International Mammalian Genome Society

logo18th International Mouse Genome Conference

17-22 October 2004, Seattle, USA


POSTER 152 - ATP2B2 EXHIBITS DIFFERENTIAL FIRST EXON USAGE IN MOUSE BRAIN AND COCHLEA

Silverstein RS 1, Tempel BL 2

1 Graduate Program in Neurobiology & Behavior, University of Washington, Seattle, United States, 2 Department of Otolaryngology, University of Washington, Seattle, United States

Deafwaddler (dfw) mice are deaf and exhibit wobbly gait. The dfw mutation was localized to Atp2b2, encoding a plasma membrane Ca2+-ATPase, PMCA2. Heterozygous mutants of Atp2b2, while not deaf, have significant high-frequency hearing loss, implying that tight regulation of its expression is required. PMCA2 is highly expressed in stereocilia of cochlear outer hair cells, cerebellar Purkinje cells, and epithelial cells of lactating mammary gland, suggesting that it is important for hair cell Ca2+ homeostasis. To understand the pathways that control PMCA2 expression, we have examined transcriptional regulation of the Atp2b2 gene. Using antisense primers in the open reading frame, 5’-RACE was performed on RNA from multiple tissues in CBA mice.
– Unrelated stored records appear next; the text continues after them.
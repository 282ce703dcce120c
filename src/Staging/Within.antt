-- ===== src/Staging/Within.antt =====
-- The copy of src/staging.rs stays inside the memory that it was given.
use mathlib.Core.Path.{fun_ext}
use ihs_wl_server.Prelude.{
  ℕ, zero, suc, ◌+◌, ◌-◌, ◌*◌, ◌≤◌, ◌<◌, ◌≡◌, refl, ap, ◌∙◌, Bool, true, false, ◌&&◌, List, [], ◌∷◌,
  some, leb, if◌then◌else◌, arith, Bool-cases, inl, inr,
}
use ihs_wl_server.Staging.Copy.{
  Memory, Rect, bpp, copy_slice, Buffer, copy_rows, low, high, copy_rect, copy_rects, copy_damage,
}

-- The same buffer in a pool that has other bytes, or none, behind its end.
module _ (b : Buffer) (other : ℕ → ℕ) (agree : (a : ℕ) → a < b.pool.len → b.pool.byte a ≡ other a)
    (ds : ℕ) where
  elsewhere : Buffer
  elsewhere = record b { pool = record b.pool { byte = other } }

  copy_slice-elsewhere :
      (s d bytes : ℕ) (dst : Memory)
      → s + bytes ≤ b.pool.len
      → copy_slice b.pool s dst d bytes ≡ copy_slice elsewhere.pool s dst d bytes
  unfolding elsewhere
  copy_slice-elsewhere s d bytes dst inside =
      ap (λ f. record dst { byte = f }) (fun_ext λ a. ground (arith, inside, agree (s + (a - d))))

  copy_rows-elsewhere :
      (x0 bytes left row : ℕ) (dst : Memory)
      → copy_rows b ds x0 bytes left row dst ≡ copy_rows elsewhere ds x0 bytes left row dst
  unfolding copy_rows elsewhere
  copy_rows-elsewhere x0 bytes zero row dst = refl
  copy_rows-elsewhere x0 bytes (suc left) row dst =
      let s = b.offset + row * b.stride + x0 * bpp in
      let d = row * ds + x0 * bpp in
      elim (Bool-cases (leb (s + bytes) b.pool.len && leb (d + bytes) dst.len)) [
        | inr e ↦ ground (arith, e)
        | inl e ↦
            let step =
              copy_rows-elsewhere x0 bytes left (row + 1) (copy_slice b.pool s dst d bytes)
              ∙ ap (copy_rows elsewhere ds x0 bytes left (row + 1))
                  (copy_slice-elsewhere s d bytes dst (ground (arith, e))) in
            ground (arith, e, step)
      ]

  module _ (w h : ℕ) where
    copy_rect-elsewhere :
        (rect : Rect) (dst : Memory)
        → copy_rect b ds w h rect dst ≡ copy_rect elsewhere ds w h rect dst
    unfolding copy_rect
    copy_rect-elsewhere rect dst =
        let x0 = low rect.x w in
        let y0 = low rect.y h in
        let x1 = high rect.x rect.w w in
        let y1 = high rect.y rect.h h in
        ap (λ (copied : Memory × Bool). if leb x1 x0 then (dst, true) else copied)
          (copy_rows-elsewhere x0 ((x1 - x0) * bpp) (y1 - y0) y0 dst)

    copy_rects-elsewhere :
        (rects : List Rect) (dst : Memory)
        → copy_rects b ds w h rects dst ≡ copy_rects elsewhere ds w h rects dst
    unfolding copy_rects
    copy_rects-elsewhere [] dst = refl
    copy_rects-elsewhere (rect ∷ rects) dst =
        let rest = copy_rects-elsewhere rects (copy_rect b ds w h rect dst).0 in
        ap
          (λ (m : Memory).
            if (copy_rect b ds w h rect dst).1 then m else (copy_rect b ds w h rect dst).0)
          rest
        ∙ ap
            (λ (copied : Memory × Bool).
              if copied.1 then copy_rects elsewhere ds w h rects copied.0 else copied.0)
            (copy_rect-elsewhere rect dst)

-- `after` has the bytes of `before` from where that ends on.
abbrev Outside : (before after : Memory) → Type 0
Outside before after =
    (after.len ≡ before.len) × ((a : ℕ) → before.len ≤ a → after.byte a ≡ before.byte a)

Outside-trans : (m n o : Memory) → Outside m n → Outside n o → Outside m o
Outside-trans m n o first second = (
  second.0 ∙ first.0,
  λ a behind. second.1 a (ground (arith, first.0, behind)) ∙ first.1 a behind,
)

Outside-if :
    (t : Bool) (m n o : Memory) → Outside m n → Outside m o → Outside m (if t then n else o)
Outside-if true m n o left right = left
Outside-if false m n o left right = right

copy_slice-Outside :
    (src : Memory) (s : ℕ) (dst : Memory) (d bytes : ℕ)
    → d + bytes ≤ dst.len
    → Outside dst (copy_slice src s dst d bytes)
copy_slice-Outside src s dst d bytes inside = (refl, λ a behind. ground (arith, inside, behind))

module _ (b : Buffer) (ds : ℕ) where
  copy_rows-Outside :
      (x0 bytes left row : ℕ) (dst : Memory) → Outside dst (copy_rows b ds x0 bytes left row dst).0
  unfolding copy_rows
  copy_rows-Outside x0 bytes zero row dst = (refl, λ a behind. refl)
  copy_rows-Outside x0 bytes (suc left) row dst =
      let s = b.offset + row * b.stride + x0 * bpp in
      let d = row * ds + x0 * bpp in
      let sliced = copy_slice b.pool s dst d bytes in
      elim (Bool-cases (leb (s + bytes) b.pool.len && leb (d + bytes) dst.len)) [
        | inr e ↦ rw e (refl, λ a behind. refl)
        | inl e ↦ rw e (
            Outside-trans dst sliced (copy_rows b ds x0 bytes left (row + 1) sliced).0
              (copy_slice-Outside b.pool s dst d bytes (ground (arith, e)))
              (copy_rows-Outside x0 bytes left (row + 1) sliced))
      ]

  module _ (w h : ℕ) where
    copy_rect-Outside : (rect : Rect) (dst : Memory) → Outside dst (copy_rect b ds w h rect dst).0
    unfolding copy_rect
    copy_rect-Outside rect dst = elim (Bool-cases (leb (high rect.x rect.w w) (low rect.x w))) [
      | inl e ↦ rw e (refl, λ a behind. refl)
      | inr e ↦ rw e (
          copy_rows-Outside (low rect.x w) ((high rect.x rect.w w - low rect.x w) * bpp)
            (high rect.y rect.h h - low rect.y h) (low rect.y h) dst)
    ]

    copy_rects-Outside :
        (rects : List Rect) (dst : Memory) → Outside dst (copy_rects b ds w h rects dst)
    unfolding copy_rects
    copy_rects-Outside [] dst = (refl, λ a behind. refl)
    copy_rects-Outside (rect ∷ rects) dst =
        let copied = copy_rect b ds w h rect dst in
        let first = copy_rect-Outside rect dst in
        Outside-if copied.1 dst (copy_rects b ds w h rects copied.0) copied.0
          (Outside-trans dst copied.0 (copy_rects b ds w h rects copied.0) first
            (copy_rects-Outside rects copied.0))
          first

-- Whatever the rectangles, the strides and the sizes claim: a copy of the same buffer in a pool with other
-- bytes behind its end is the same, so none of those is read; and the slot keeps its length and all that
-- lies behind its end, so nothing is written there.
pub copy_damage_within :
    (b : Buffer) (other : ℕ → ℕ) (ds w h : ℕ) (damage : List Rect) (dst : Memory)
    → ((a : ℕ) → a < b.pool.len → b.pool.byte a ≡ other a)
    → (copy_damage w h damage (some b) ds (some dst)
        ≡ copy_damage w h damage
            (some (record b { pool = record b.pool { byte = other } }))
            ds
            (some dst))
      × ((m : Memory) × (copy_damage w h damage (some b) ds (some dst) ≡ some m)
          × (m.len ≡ dst.len)
          × ((a : ℕ) → dst.len ≤ a → m.byte a ≡ dst.byte a))
unfolding copy_damage elsewhere
copy_damage_within b other ds w h damage dst agree =
    let outside = copy_rects-Outside b ds w h damage dst in
    (
      ap some (copy_rects-elsewhere b other agree ds w h damage dst),
      (copy_rects b ds w h damage dst, refl, outside.0, outside.1),
    )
Sequencing of clones identified three primary alternative exons of transcriptional initiation, implying regulation through distinct promoters. Two of these (1c and 1f) were observed in cochlea and cerebellum. A third (1m) was restricted to lactating mammary gland. Quantitative real-time RT-PCR (qPCR) confirmed the findings from 5’-RACE. To determine the promoter used in hair cells, cochleae were microdissected by separating organ of corti (OC) from modiolus (MOD). qPCR was performed on the OC and MOD samples, using marker genes to confirm quality of dissection. This analysis revealed that exon 1f dominates in the OC (hair cells), while exon 1c is most abundant in MOD (spiral ganglion neurons). In silico analysis of putative regulatory sequences revealed high levels of conservation between mouse, rat, and human. Further analysis by in situ hybridization will confirm cell-specificity of promoter use in the different tissues.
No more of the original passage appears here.